Deijkers and Wadley pursued the second strategy. Their solution uses an outer layer of ytterbium disilicate, a rare earth element that shares silicon's and silicon carbide's thermal expansion characteristics and is slow to transport oxygen and water vapor toward the silicon layer. They first deposited the silicon bond coat and then placed a thin layer of hafnium oxide between the silicon and the ytterbium disilicate outer layer. Their experimental studies show that as the silica forms on the silicon, it immediately reacts with the hafnia to form a silicon-hafnium oxide, or hafnon. The hafnon's thermal expansion and contraction is the same as the rest of the coating and will never cause the coating to pop off or crack. Wadley calls it adding a little "hafnia fairy dust."
"When we deposit a very thin layer of hafnia on top of silicon, followed by a layer of ytterbium disilicate, the oxygen that passes through the ytterbium disilicate creates a chemical reaction with the underlying materials to form the hafnon," Deijkers said.
Deijkers' access to unique equipment in Wadley's lab, specifically a directed vapor deposition system, enabled this breakthrough in environmental barrier coatings. The ability to deposit a film of ytterbium disilicate that is thinner than the diameter of a human hair is key to their success.
The directed vapor deposition process uses a powerful 10-kilowatt focused electron beam to melt material in a low-pressure chamber. A supersonic gas jet transports the vapor to the silicon-coated silicon carbide where it condenses, creating a thin film. They then use a plasma spray method to deposit the final ytterbium disilicate layer, and the coated component is then ready for testing.
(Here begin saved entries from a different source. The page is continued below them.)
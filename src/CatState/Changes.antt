-- ===== src/CatState/Changes.antt =====
-- src/cat_state.c: the change counter: what a caller may conclude from it, as the monitor and the keyer's mode
-- synchronisation do.
use mhuxd.Base.{
  ℕ, ◌+◌, ◌≤◌, ◌<◌, ◌≡◌, refl, Bool, true, false, not, Option, none, some, if◌then◌else◌, arith,
  bool_eq, bool_eq_iff, u32, Bool-cases, inl, inr,
}
use mhuxd.CatState.Modes.{Mode, mode_eq_iff, enum_eq, without_data}
use mhuxd.CatState.Updates.{
  Update, perform, freq_call, mode_call, data_call, split_call, select_call, exchange_call,
  equalize_call,
}
use mhuxd.CatState.{
  CatState, Vfo, Item, set_freq, set_mode, set_data, set_split, select_vfo, exchange_vfos,
  equalize_vfos, swap_vfos, vfo_eq, vfo_set_mode, vfo_invalidate, invalidate_vfos, slots_selected,
  count,
}

abbrev weight : Bool → ℕ
weight false = 0
weight true = 1

-- The value of an item, if it is known.
abbrev pub seen : {A : Type 0} → Item A → Option A
seen it = if it.valid then some it.val else none

abbrev pub SameVfo : Vfo → Vfo → Type 0
SameVfo v w =
    (seen v.freq ≡ seen w.freq)
    × (seen v.mode ≡ seen w.mode)
    × (seen v.data_flag ≡ seen w.data_flag)

-- Two states tell the same of the radio, whenever their values were updated.
pub record SameValues (st st' : CatState) : Type 0 where
  pub sel : SameVfo st.sel st'.sel
  pub unsel : SameVfo st.unsel st'.unsel
  pub split : seen st.split ≡ seen st'.split
  pub vfo_ab : seen st.vfo_ab ≡ seen st'.vfo_ab

vfo_eq-SameVfo : (v w : Vfo) → vfo_eq v w ≡ true → SameVfo v w
unfolding vfo_eq
vfo_eq-SameVfo v w h = ground (arith, mode_eq_iff v.mode.val w.mode.val)

module _ (v : Vfo) (n : ℕ) where
  -- how many items are dropped
  abbrev dropped_items : ℕ
  dropped_items = weight v.freq.valid + weight v.mode.valid + weight v.data_flag.valid

  vfo_invalidate_counts : n < 4294967296 → (vfo_invalidate (v, n)).1 ≡ u32 (n + dropped_items)
  unfolding vfo_invalidate
  vfo_invalidate_counts h = ground arith

invalidate_vfos_counts :
    (st : CatState)
    → st.changes < 4294967296
    → (k : ℕ) × (k ≤ 6) × ((invalidate_vfos st).changes ≡ u32 (st.changes + k))
unfolding invalidate_vfos
invalidate_vfos_counts st h =
    let n = (vfo_invalidate (st.sel, st.changes)).1 in
    (
      dropped_items st.sel st.changes + dropped_items st.unsel n,
      ground arith,
      ground (arith, vfo_invalidate_counts st.sel st.changes h, vfo_invalidate_counts st.unsel n),
    )

set_mode_silent :
    (v : Vfo) (n : ℕ) (m : Mode) (t : ℕ)
    → n < 4294967296
    → (vfo_set_mode m t (v, n)).1 ≡ n
    → SameVfo v (vfo_set_mode m t (v, n)).0
unfolding vfo_set_mode
set_mode_silent v n m t b h = ground (arith, mode_eq_iff v.mode.val (without_data m).0)

vfo_ab-invalidate_vfos : (st : CatState) → (invalidate_vfos st).vfo_ab ≡ st.vfo_ab
unfolding invalidate_vfos
vfo_ab-invalidate_vfos st = refl

-- A selection is silent only where it was known, and repeats it.
select_known :
    (st : CatState) (ab : Bool) (t : ℕ)
    → st.changes < 4294967296
    → (select_vfo st ab t).changes ≡ st.changes
    → st.vfo_ab.valid ≡ true
unfolding select_vfo
select_known st ab t b h = elim (Bool-cases st.vfo_ab.valid) [
  | inl e ↦ e
  | inr e ↦
      let s : slots_selected st ab ≡ invalidate_vfos st = unfold slots_selected in rw e in
      ground (arith, s, vfo_ab-invalidate_vfos st, invalidate_vfos_counts st b)
]

select_repeats :
    (st : CatState) (ab : Bool) (t : ℕ)
    → st.vfo_ab.valid ≡ true
    → (select_vfo st ab t).changes ≡ st.changes
    → st.changes < 4294967296
    → bool_eq st.vfo_ab.val ab ≡ true
unfolding select_vfo
select_repeats st ab t v h b = elim (Bool-cases (bool_eq st.vfo_ab.val ab)) [
  | inl e ↦ e
  | inr e ↦
      let s : slots_selected st ab ≡ swap_vfos st = unfold slots_selected in rw (v, e) in
      ground (arith, s, count_swap)
]
  where
    count_swap :
        ((swap_vfos st).changes ≡ count (not (vfo_eq st.sel st.unsel)) st.changes)
        × ((swap_vfos st).vfo_ab ≡ st.vfo_ab)
    count_swap = unfold swap_vfos in (refl, refl)

select_silent :
    (st : CatState) (ab : Bool) (t : ℕ)
    → st.changes < 4294967296
    → (select_vfo st ab t).changes ≡ st.changes
    → SameValues st (select_vfo st ab t)
select_silent st ab t b h =
    let v = select_known st ab t b h in
    let e = select_repeats st ab t v h b in
    let s : slots_selected st ab ≡ st = unfold slots_selected in rw (v, e) in
    unfold select_vfo in ground (arith, s, (bool_eq_iff st.vfo_ab.val ab).0 e)

-- An update that leaves `changes` alone changes no known value, and makes none known or unknown.
pub perform_silent :
    (u : Update) (st : CatState) (t : ℕ)
    → st.changes < 4294967296
    → (perform u st t).changes ≡ st.changes
    → SameValues st (perform u st t)
unfolding set_freq set_mode set_data set_split exchange_vfos equalize_vfos
perform_silent (freq_call vfo hz) st t b h = ground arith
perform_silent (mode_call vfo m) st t b h =
    ground (arith, set_mode_silent st.sel st.changes m t, set_mode_silent st.unsel st.changes m t)
perform_silent (data_call vfo on) st t b h = ground arith
perform_silent (split_call on) st t b h = ground arith
perform_silent (select_call ab) st t b h = select_silent st ab t b h
perform_silent exchange_call st t b h = ground (arith, vfo_eq-SameVfo st.sel st.unsel)
perform_silent equalize_call st t b h = ground (arith, vfo_eq-SameVfo st.sel st.unsel)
When Deijkers began applying to Ph.D. programs in the United States, his master's thesis on thermal barrier coatings captured Wadley's attention. Deijkers' arrival was well timed. Group member Brad Richards, who earned his Ph.D. in materials science and engineering from UVA in 2015, had developed the silicon-ytterbium disilicate coating system for ceramics that was subsequently found to be very similar to that being used by the makers of aircraft engines.
Deijkers' dissertation improves Richards' coating system, deepening understanding of the surface chemistry involved and increasing the coating system's viability for commercial adoption.
"One set of questions driving my research focused on how long it takes for the hafnon to form through the oxidation process," Deijkers said. "I wanted to understand how this process really works, and whether we could actually put it to use. This coating has greater potential than we thought; we need to develop it and put it in an actual engine, to move it further along the path toward commercialization."
Today's methods are rooted in deposition techniques developed in the 1970s.
"Compared to the state-of-the-art in industry, our research makes a major improvement," Deijkers said. "My rough estimate, if industrial manufacturers were able to implement these newer processing techniques, they could extend the engine parts' lifetime by as much as 200 times. But there are a lot of hurdles to jump through to get that level of performance."
"The problems we have to solve are multi-disciplinary and multi-institutional," Wadley said. "We need to fuse together knowledge from mechanics, chemistry and materials science in order to make progress. Beyond the immediate need to reduce CO2 emitted by propulsion technology, our research supports the global shift from carbon-containing hydrocarbons to hydrogen fuels and the eventual electrification of air travel platforms."